◆ What you are asked to do:
When you repeat the listing, keep every character as it is.

━━━━━━

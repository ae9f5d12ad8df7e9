-- ===== src/Manager.antt =====
-- internal/session/manager.go: the session manager.
--
-- Sessions are objects that the manager, the transports and the callbacks share by pointer, so
-- `heap` holds every session made, at its address, and the manager's `sync.Map` holds addresses.
-- Each operation here runs without another in between; `Manager.Race` takes one apart. Go's int
-- is ℤ (the counters stay far below 2^63), log output is left out, and one clock reading serves
-- one operation.
pub mod Invariant
pub mod Cleanup
pub mod Behaviour
pub mod Race
pub mod Stopping
pub mod Reach
pub mod Tests
use mcp_proxy.Prelude.{
  Bool, Dict, List, Option, String, [], eqb, erase, false, get_elem?, if◌then◌else◌, insert, length,
  lookup, ltb, none, not, set, some, true, zero, ℕ, ◌*◌, ◌++◌, ◌+◌, ◌/◌, ◌||◌, ◌∷◌,
}
use mcp_proxy.Prelude.Int.{leb_ℤ, pos, ℤ, ◌+ℤ◌, ◌-ℤ◌}
use Prim.Native.String.{◌++◌ as ◌++ˢ◌}
use mcp_proxy.Session.{
  Session, age, close, idle_time, increment_request_count, is_closed, new_session,
}

pub record Manager : Type 0 where
  -- the session objects, by address
  pub heap : List Session
  -- the sync.Map from session IDs to addresses
  pub sessions : Dict ℕ
  pub session_ttl : ℕ
  pub max_sessions : ℤ
  pub active_count : ℤ
  pub total_created : ℕ
  -- whether `done` has been closed
  pub done : Bool

-- ManagerConfig; `CleanupInterval` is not read by `Start`, which ticks once a minute.
pub record ManagerConfig : Type 0 where
  pub session_ttl : ℕ
  pub cleanup_interval : ℕ
  pub max_sessions : ℤ

abbrev pub second : ℕ
second = 1000000000

abbrev pub minute : ℕ
minute = 60 * second

abbrev pub hour : ℕ
hour = 60 * minute

unfoldable pub default_manager_config : ManagerConfig
default_manager_config = record {
  session_ttl = 2 * hour;
  cleanup_interval = minute;
  max_sessions = pos 10000;
}

is_zero : ℤ → Bool
is_zero (pos zero) = true
is_zero _ = false

with_defaults : ManagerConfig → ManagerConfig
unfolding is_zero
with_defaults cfg = record {
  session_ttl = if eqb cfg.session_ttl 0 then 2 * hour else cfg.session_ttl;
  cleanup_interval = if eqb cfg.cleanup_interval 0 then minute else cfg.cleanup_interval;
  max_sessions = if is_zero cfg.max_sessions then pos 10000 else cfg.max_sessions;
}

unfoldable pub new_manager : ManagerConfig → Manager
unfolding with_defaults
new_manager cfg = record {
  heap = [];
  sessions = [];
  session_ttl = (with_defaults cfg).session_ttl;
  max_sessions = (with_defaults cfg).max_sessions;
  active_count = pos 0;
  total_created = 0;
  done = false;
}

pub data SessionError : Type 0 where
  max_sessions_reached session_not_found : SessionError

pub data Result {ℓ} (A : Type ℓ) : Type ℓ where
  ok : A → Result A
  err : SessionError → Result A

-- The session at an address.
abbrev pub deref : Manager → ℕ → Option Session
deref m a = get_elem? m.heap a

-- A write through the pointer `a`.
unfoldable pub modify : ℕ → (Session → Session) → Manager → Manager
modify a f m = elim (get_elem? m.heap a) [
  | none ↦ m
  | some s ↦ record m { heap = set m.heap a (f s) }
]

-- "sess_" + uuid.New().String()
abbrev pub session_id : String → String
session_id uuid = "sess_" ++ˢ uuid

-- A new session, stored and counted.
add_session : String → ℕ → Manager → Manager
add_session uuid now m = record m {
  heap = m.heap ++ new_session (session_id uuid) now ∷ [];
  sessions = insert (session_id uuid) (length m.heap) m.sessions;
  active_count = m.active_count +ℤ pos 1;
  total_created = m.total_created + 1;
}

-- Create, given the UUID that the library draws. The result is the new session's address.
unfoldable pub create : String → ℕ → Manager → Manager × Result ℕ
unfolding add_session
create uuid now m =
    if leb_ℤ m.max_sessions m.active_count
    then (m, err max_sessions_reached)
    else (add_session uuid now m, ok (length m.heap))

-- LoadAndDelete, Close, and the counter.
unfoldable pub delete : String → Manager → Manager
unfolding modify
delete id m = elim (lookup id m.sessions) [
  | none ↦ m
  | some a ↦
      let closed = modify a close (record m { sessions = erase id m.sessions }) in
      record closed { active_count = closed.active_count -ℤ pos 1 }
]

get_object : String → ℕ → Option Session → Manager → Manager × Option ℕ
get_object id a none m = (m, none)
get_object id a (some s) m = if is_closed s then (delete id m, none) else (m, some a)

-- A closed session that is still in the map is removed on the way.
unfoldable pub get : String → Manager → Manager × Option ℕ
unfolding get_object is_closed
get id m = elim (lookup id m.sessions) [ none ↦ (m, none) | some a ↦ get_object id a (deref m a) m ]

count_request : ℕ → ℕ → Option Session → Manager → Manager × ℕ
unfolding increment_request_count
count_request now a none m = (m, 0)
count_request now a (some s) m =
    let (s', n) = increment_request_count now s in (record m { heap = set m.heap a s' }, n)

-- IncrementRequestCount of the manager: 0 for a session that is not there.
unfoldable pub increment_request : String → ℕ → Manager → Manager × ℕ
unfolding count_request
increment_request id now m =
    let (m', found) = get id m in
    elim found [ none ↦ (m', 0) | some a ↦ count_request now a (deref m' a) m' ]

-- Delete(key), then the counter.
unfoldable pub drop_entry : String → Manager → Manager
drop_entry key m = record m {
  sessions = erase key m.sessions;
  active_count = m.active_count -ℤ pos 1;
}

-- What `cleanup` does with a session object: closed, too old, idle too long, or to be kept.
abbrev pub is_stale : ℕ → ℕ → Session → Bool
is_stale now ttl s = is_closed s || ltb ttl (age now s) || ltb (ttl / 2) (idle_time now s)

visit_object : ℕ → String → ℕ → Option Session → Manager → Manager
unfolding drop_entry modify
visit_object now key a none m = record m { sessions = erase key m.sessions }
visit_object now key a (some s) m =
    if is_closed s
    then drop_entry key m
    else if ltb m.session_ttl (age now s)
    then drop_entry key (modify a close m)
    else if ltb (m.session_ttl / 2) (idle_time now s)
    then drop_entry key (modify a close m)
    else m

-- The callback of `Range` in `cleanup`, at one entry that `Range` has loaded.
unfoldable pub cleanup_visit : ℕ → String × ℕ → Manager → Manager
unfolding visit_object
cleanup_visit now (key, a) m = visit_object now key a (deref m a) m

unfoldable pub cleanup_range : ℕ → Dict ℕ → Manager → Manager
unfolding cleanup_visit
cleanup_range now [] m = m
cleanup_range now (e ∷ entries) m = cleanup_range now entries (cleanup_visit now e m)

unfoldable pub cleanup : ℕ → Manager → Manager
unfolding cleanup_range
cleanup now m = cleanup_range now m.sessions m

unfoldable pub stop_range : Dict ℕ → Manager → Manager
unfolding modify
stop_range [] m = m
stop_range ((key, a) ∷ entries) m =
    let closed = modify a close m in
    stop_range entries (record closed { sessions = erase key m.sessions })

-- Closing a closed channel panics, which is `none`. The counter is left as it is.
unfoldable pub stop : Manager → Option Manager
unfolding stop_range
stop m = if m.done then none else some (stop_range m.sessions (record m { done = true }))

is_listed : Option Session → Bool
is_listed none = false
is_listed (some s) = not (is_closed s)

list_range : Manager → Dict ℕ → List ℕ
unfolding is_listed
list_range m [] = []
list_range m ((key, a) ∷ entries) =
    let rest = list_range m entries in if is_listed (deref m a) then a ∷ rest else rest

-- List: the addresses of the open sessions.
unfoldable pub list_sessions : Manager → List ℕ
unfolding list_range
list_sessions m = list_range m m.sessions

━━━━━━

◆ Expected output:
repository ae9f5d12ad8df7e9
-- ===== src/Manager.antt =====
-- internal/session/manager.go: the session manager.
--
-- Sessions are objects that the manager, the transports and the callbacks share by pointer, so
-- `heap` holds every session made, at its address, and the manager's `sync.Map` holds addresses.
-- Each operation here runs without another in between; `Manager.Race` takes one apart. Go's int
-- is ℤ (the counters stay far below 2^63), log output is left out, and one clock reading serves
-- one operation.
pub mod Invariant
pub mod Cleanup
pub mod Behaviour
pub mod Race
pub mod Stopping
pub mod Reach
pub mod Tests
use mcp_proxy.Prelude.{
  Bool, Dict, List, Option, String, [], eqb, erase, false, get_elem?, if◌then◌else◌, insert, length,
  lookup, ltb, none, not, set, some, true, zero, ℕ, ◌*◌, ◌++◌, ◌+◌, ◌/◌, ◌||◌, ◌∷◌,
}
use mcp_proxy.Prelude.Int.{leb_ℤ, pos, ℤ, ◌+ℤ◌, ◌-ℤ◌}
use Prim.Native.String.{◌++◌ as ◌++ˢ◌}
use mcp_proxy.Session.{
  Session, age, close, idle_time, increment_request_count, is_closed, new_session,
}

pub record Manager : Type 0 where
  -- the session objects, by address
  pub heap : List Session
  -- the sync.Map from session IDs to addresses
  pub sessions : Dict ℕ
  pub session_ttl : ℕ
  pub max_sessions : ℤ
  pub active_count : ℤ
  pub total_created : ℕ
  -- whether `done` has been closed
  pub done : Bool

-- ManagerConfig; `CleanupInterval` is not read by `Start`, which ticks once a minute.
pub record ManagerConfig : Type 0 where
  pub session_ttl : ℕ
  pub cleanup_interval : ℕ
  pub max_sessions : ℤ

abbrev pub second : ℕ
second = 1000000000

abbrev pub minute : ℕ
minute = 60 * second

abbrev pub hour : ℕ
hour = 60 * minute

unfoldable pub default_manager_config : ManagerConfig
default_manager_config = record {
  session_ttl = 2 * hour;
  cleanup_interval = minute;
  max_sessions = pos 10000;
}

is_zero : ℤ → Bool
is_zero (pos zero) = true
is_zero _ = false

with_defaults : ManagerConfig → ManagerConfig
unfolding is_zero
with_defaults cfg = record {
  session_ttl = if eqb cfg.session_ttl 0 then 2 * hour else cfg.session_ttl;
  cleanup_interval = if eqb cfg.cleanup_interval 0 then minute else cfg.cleanup_interval;
  max_sessions = if is_zero cfg.max_sessions then pos 10000 else cfg.max_sessions;
}

unfoldable pub new_manager : ManagerConfig → Manager
unfolding with_defaults
new_manager cfg = record {
  heap = [];
  sessions = [];
  session_ttl = (with_defaults cfg).session_ttl;
  max_sessions = (with_defaults cfg).max_sessions;
  active_count = pos 0;
  total_created = 0;
  done = false;
}

pub data SessionError : Type 0 where
  max_sessions_reached session_not_found : SessionError

pub data Result {ℓ} (A : Type ℓ) : Type ℓ where
  ok : A → Result A
  err : SessionError → Result A

-- The session at an address.
abbrev pub deref : Manager → ℕ → Option Session
deref m a = get_elem? m.heap a

-- A write through the pointer `a`.
unfoldable pub modify : ℕ → (Session → Session) → Manager → Manager
modify a f m = elim (get_elem? m.heap a) [
  | none ↦ m
  | some s ↦ record m { heap = set m.heap a (f s) }
]

-- "sess_" + uuid.New().String()
abbrev pub session_id : String → String
session_id uuid = "sess_" ++ˢ uuid

-- A new session, stored and counted.
add_session : String → ℕ → Manager → Manager
add_session uuid now m = record m {
  heap = m.heap ++ new_session (session_id uuid) now ∷ [];
  sessions = insert (session_id uuid) (length m.heap) m.sessions;
  active_count = m.active_count +ℤ pos 1;
  total_created = m.total_created + 1;
}

-- Create, given the UUID that the library draws. The result is the new session's address.
unfoldable pub create : String → ℕ → Manager → Manager × Result ℕ
unfolding add_session
create uuid now m =
    if leb_ℤ m.max_sessions m.active_count
    then (m, err max_sessions_reached)
    else (add_session uuid now m, ok (length m.heap))

-- LoadAndDelete, Close, and the counter.
unfoldable pub delete : String → Manager → Manager
unfolding modify
delete id m = elim (lookup id m.sessions) [
  | none ↦ m
  | some a ↦
      let closed = modify a close (record m { sessions = erase id m.sessions }) in
      record closed { active_count = closed.active_count -ℤ pos 1 }
]

get_object : String → ℕ → Option Session → Manager → Manager × Option ℕ
get_object id a none m = (m, none)
get_object id a (some s) m = if is_closed s then (delete id m, none) else (m, some a)

-- A closed session that is still in the map is removed on the way.
unfoldable pub get : String → Manager → Manager × Option ℕ
unfolding get_object is_closed
get id m = elim (lookup id m.sessions) [ none ↦ (m, none) | some a ↦ get_object id a (deref m a) m ]

count_request : ℕ → ℕ → Option Session → Manager → Manager × ℕ
unfolding increment_request_count
count_request now a none m = (m, 0)
count_request now a (some s) m =
    let (s', n) = increment_request_count now s in (record m { heap = set m.heap a s' }, n)

-- IncrementRequestCount of the manager: 0 for a session that is not there.
unfoldable pub increment_request : String → ℕ → Manager → Manager × ℕ
unfolding count_request
increment_request id now m =
    let (m', found) = get id m in
    elim found [ none ↦ (m', 0) | some a ↦ count_request now a (deref m' a) m' ]

-- Delete(key), then the counter.
unfoldable pub drop_entry : String → Manager → Manager
drop_entry key m = record m {
  sessions = erase key m.sessions;
  active_count = m.active_count -ℤ pos 1;
}

-- What `cleanup` does with a session object: closed, too old, idle too long, or to be kept.
abbrev pub is_stale : ℕ → ℕ → Session → Bool
is_stale now ttl s = is_closed s || ltb ttl (age now s) || ltb (ttl / 2) (idle_time now s)

visit_object : ℕ → String → ℕ → Option Session → Manager → Manager
unfolding drop_entry modify
visit_object now key a none m = record m { sessions = erase key m.sessions }
visit_object now key a (some s) m =
    if is_closed s
    then drop_entry key m
    else if ltb m.session_ttl (age now s)
    then drop_entry key (modify a close m)
    else if ltb (m.session_ttl / 2) (idle_time now s)
    then drop_entry key (modify a close m)
    else m

-- The callback of `Range` in `cleanup`, at one entry that `Range` has loaded.
unfoldable pub cleanup_visit : ℕ → String × ℕ → Manager → Manager
unfolding visit_object
cleanup_visit now (key, a) m = visit_object now key a (deref m a) m

unfoldable pub cleanup_range : ℕ → Dict ℕ → Manager → Manager
unfolding cleanup_visit
cleanup_range now [] m = m
cleanup_range now (e ∷ entries) m = cleanup_range now entries (cleanup_visit now e m)

unfoldable pub cleanup : ℕ → Manager → Manager
unfolding cleanup_range
cleanup now m = cleanup_range now m.sessions m

unfoldable pub stop_range : Dict ℕ → Manager → Manager
unfolding modify
stop_range [] m = m
stop_range ((key, a) ∷ entries) m =
    let closed = modify a close m in
    stop_range entries (record closed { sessions = erase key m.sessions })

-- Closing a closed channel panics, which is `none`. The counter is left as it is.
unfoldable pub stop : Manager → Option Manager
unfolding stop_range
stop m = if m.done then none else some (stop_range m.sessions (record m { done = true }))

is_listed : Option Session → Bool
is_listed none = false
is_listed (some s) = not (is_closed s)

list_range : Manager → Dict ℕ → List ℕ
unfolding is_listed
list_range m [] = []
list_range m ((key, a) ∷ entries) =
    let rest = list_range m entries in if is_listed (deref m a) then a ∷ rest else rest

-- List: the addresses of the open sessions.
unfoldable pub list_sessions : Manager → List ℕ
unfolding list_range
list_sessions m = list_range m m.sessions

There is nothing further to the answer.